In addition to embryonic FHF and SHF CPCs, other progenitor cell populations, including epicardium-derived cells (EPDCs) and cardiac neural crest cells (cNCCs), also contribute to the formation of the developmental heart. Embryonic EPDCs are likely to contribute the SMCs, ECs, fibroblasts, and a small population of CMs in the heart through epithelial-to-mesenchymal transition, although EPDCs are heterogeneous and their contribution to CMs is still under debate [1719]. cNCCs, which originate from the dorsal neural tube and migrate through the posterior pharyngeal arches to the arterial pole of the heart tube, give rise to SMCs of the outflow tract and contribute to outflow tract septation and valve formation [20, 21].

Embryonic-like CPCs, which are referred to as “developmental” CPCs, can be generated in vitro from pluripotent stem cells such as embryonic stem cells (ESCs) or induced pluripotent stem cells (iPSCs) [3, 5, 6]. CPCs in general are defined by having self-renewing and clonogenic properties, as well as multipotent differentiation capabilities to give rise to different cardiac lineages such as CMs, SMCs, and ECs, both in vitro and in vivo [22].

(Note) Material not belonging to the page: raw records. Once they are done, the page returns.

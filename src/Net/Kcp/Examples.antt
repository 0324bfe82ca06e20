-- ===== src/Net/Kcp/Examples.antt =====
-- The built-in protocol of KCP connections: runs, and the theorems at concrete schedules.
use gotu.Base.{pos, some, mux_init_timeout, ◌≡◌, refl, true, false, none, List, [], ◌∷◌}
use gotu.Net.Kcp.Protocol.Waits.{init_wait, Tells, serial_waits_tell}
use gotu.Net.Kcp.Mux.{kms_code}
use gotu.Net.Kcp.Protocol.{
  Action, client_init, server_init, client_close, server_close, deliver_up, deliver_down, start,
  run,
}
use gotu.Net.Kcp.Protocol.Stages.{phase, both_fin, system_of}
use gotu.Net.Kcp.Protocol.Split.{
  Step, begin, client_sends, client_replies, server_sends, server_replies, split_step, split_run,
  split_start,
}
use gotu.Net.Kcp.Protocol.Serial.{IsSerial, serial_never_rejects}
use gotu.Net.Kcp.Protocol.Safety.{NoError, IsOpen, rounds, handshake_completes}

abbrev handshake : List Action
handshake = client_init ∷ deliver_up ∷ server_init ∷ deliver_down ∷ deliver_up ∷ []

-- Both ends close before either hears of the other.
abbrev crossing : List Action
crossing = client_init ∷ deliver_up ∷ deliver_down ∷ deliver_up ∷ client_close ∷ server_close ∷ []

crossing_stage : run start crossing ≡ system_of (phase both_fin false true true)
unfolding run start
crossing_stage = refl

-- The last message of the handshake is under way: the client's `init` returns, and the server's runs
-- into its timer.
halfway_waits :
    ((init_wait false (run start (client_init ∷ deliver_up ∷ deliver_down ∷ [])).client).1 ≡ none)
    × ((init_wait false (run start (client_init ∷ deliver_up ∷ deliver_down ∷ [])).server).1
        ≡ some (mux_init_timeout (pos 0)))
unfolding run start init_wait kms_code
halfway_waits = (refl, refl)

-- The handshake, each message with its send.
abbrev opening : List Step
opening =
    begin client_init
    ∷ client_sends
    ∷ begin deliver_up
    ∷ server_replies
    ∷ begin deliver_down
    ∷ client_replies
    ∷ begin deliver_up
    ∷ []

opening-IsSerial : IsSerial split_start opening
unfolding split_start start split_step
opening-IsSerial =
    ((refl, refl), (refl, ((refl, refl), (tt, ((refl, refl), (tt, ((refl, refl), tt)))))))

-- Both ends close then, and their messages cross.
abbrev both_close : List Step
both_close =
    begin client_init
    ∷ client_sends
    ∷ begin deliver_up
    ∷ server_replies
    ∷ begin deliver_down
    ∷ client_replies
    ∷ begin deliver_up
    ∷ begin client_close
    ∷ begin server_close
    ∷ server_sends
    ∷ client_sends
    ∷ []

both_close-IsSerial : IsSerial split_start both_close
unfolding split_start start split_step
both_close-IsSerial = (
  (refl, refl),
  (
    refl,
    (
      (refl, refl),
      (
        tt,
        ((refl, refl), (tt, ((refl, refl), ((refl, refl), ((refl, refl), (refl, (refl, tt))))))),
      ),
    ),
  ),
)

serial_never_rejects_example : NoError (split_run split_start both_close).ends
serial_never_rejects_example = serial_never_rejects both_close both_close-IsSerial

serial_waits_tell_example :
    let s = (split_run split_start opening).ends in
    Tells false s.client s.client_end × Tells false s.server s.server_end
serial_waits_tell_example = serial_waits_tell false opening opening-IsSerial

handshake_completes_example : IsOpen (run (run start (client_init ∷ [])) rounds)
unfolding run start
handshake_completes_example = handshake_completes (client_init ∷ []) refl refl refl
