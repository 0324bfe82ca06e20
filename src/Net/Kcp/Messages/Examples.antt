-- ===== src/Net/Kcp/Messages/Examples.antt =====
-- A message over an established KCP connection, in two reads.
use gotu.Base.{List, ◌≡◌, refl, Option, none, [], ◌∷◌, ◌++◌, pos, Error, arith, true}
use gotu.Wire.{Bytes, put_int32}
use gotu.Net.Stream.{Reader, read_loop}
use gotu.Net.Stream.Chunks.{loop_view, chunks}
use gotu.Net.Stream.Frames.{deliver, nothing-IsPartial}
use gotu.Net.Handler.{OnHandlerOnce}
use gotu.Net.Kcp.ReadLoop.{kcp_read_loop, open_reads, unlogged}
use gotu.Net.Kcp.Mux.{established, Mux, new_kcp_mux, Conn, mux_on_msg, mux_pack_msg}
use gotu.Net.Kcp.Messages.{mux_frame, hand_on, mux_messages_arrive}
use gotu.Msg.{Header, parse_msg_warp, PackMsgArgs, pack_msg}
use gotu.Msg.RoundTrip.{IsPackable}

abbrev keep : Bytes → Header → Bytes → Bytes × Option Error
keep s h payload = (s ++ payload, none)

abbrev note : PackMsgArgs
note = record { seq = pos 1; cmd = pos 1; flag = pos 0; payload = 5 ∷ [] }

abbrev ready : Mux
ready = record (new_kcp_mux true true) { state = established }

abbrev idle : Reader (Conn Bytes)
idle = record {
  pool = record { cache = []; returned = [] };
  read_caches = [];
  state = record { mux = ready; app = []; sent = [] };
}

abbrev two_reads : List (Bytes × Bytes)
two_reads =
    ([], 0 ∷ 1 ∷ 0 ∷ []) ∷ ([], 0 ∷ 0 ∷ 1 ∷ 0 ∷ 0 ∷ 0 ∷ 0 ∷ 0 ∷ 0 ∷ 0 ∷ 1 ∷ 0 ∷ 0 ∷ 0 ∷ 5 ∷ []) ∷ []

abbrev on_msg : OnHandlerOnce (Conn Bytes)
on_msg = mux_on_msg (parse_msg_warp keep) []

mux_messages_arrive_example :
    (kcp_read_loop on_msg idle (open_reads two_reads)
      ≡ unlogged (read_loop on_msg idle (chunks two_reads)))
    × (loop_view (read_loop on_msg idle (chunks two_reads))
        ≡ deliver (hand_on keep) [] idle.state (note ∷ []))
unfolding new_kcp_mux pack_msg put_int32 mux_pack_msg
mux_messages_arrive_example =
    mux_messages_arrive keep [] ready refl idle two_reads (note ∷ []) [] (refl, refl) refl
      (omega arith, tt)
      (nothing-IsPartial (mux_frame ready) IsPackable note (omega arith) (omega arith)) refl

In contrast to the embryonic/developmental CPCs, to date, several kinds of endogenous CPCs, referred to as “adult” CPCs, have been isolated from adult rodent and human hearts, although their role in homeostasis or potential reparative function remains controversial [23]. The cell-surface marker tyrosine kinase receptor c-kit has been routinely used to identify the adult CPCs [22, 24]. Cardiac c-kit+ cells isolated from adult human heart and injected into the infarcted rodent myocardium have been shown to increase cardiac function and improve cardiac structure [24, 25]. However, more recently, it was reported that very few cardiomyocytes are generated from c-kit+ cells based on genetic lineage tracing technology [26], although in the mouse model used in [26], all the c-kit+ cells were constitutively tagged, and thereby, the cardiac-derived c-kit+ cells localized in the ageing or injured heart could not be distinguished from the bone marrow-derived c-kit+ cells identified in the heart. There continues to be abundant controversy around the origin of c-kit+ cells as they are broadly expressed in cells of the hematopoietic lineage [27], and a large number of c-kit+ cells in the heart after MI appear to be bone marrow-derived [28]. Interestingly, the latest report has revealed that majority (≈90%) of the resident c-kit+ cells in the rodent heart are blood/endothelial lineage-committed cells, while cardiac c-kit+ (blood/endothelial lineage-negative) cells represent ≤ 10% of the total c-kit+ cells in the heart [29]. It is speculated that the positive effects seen from the delivered c-kit+ cells in the post-MI setting could be due to the release of signaling molecules, rather than the engrafted cells themselves [30, 31].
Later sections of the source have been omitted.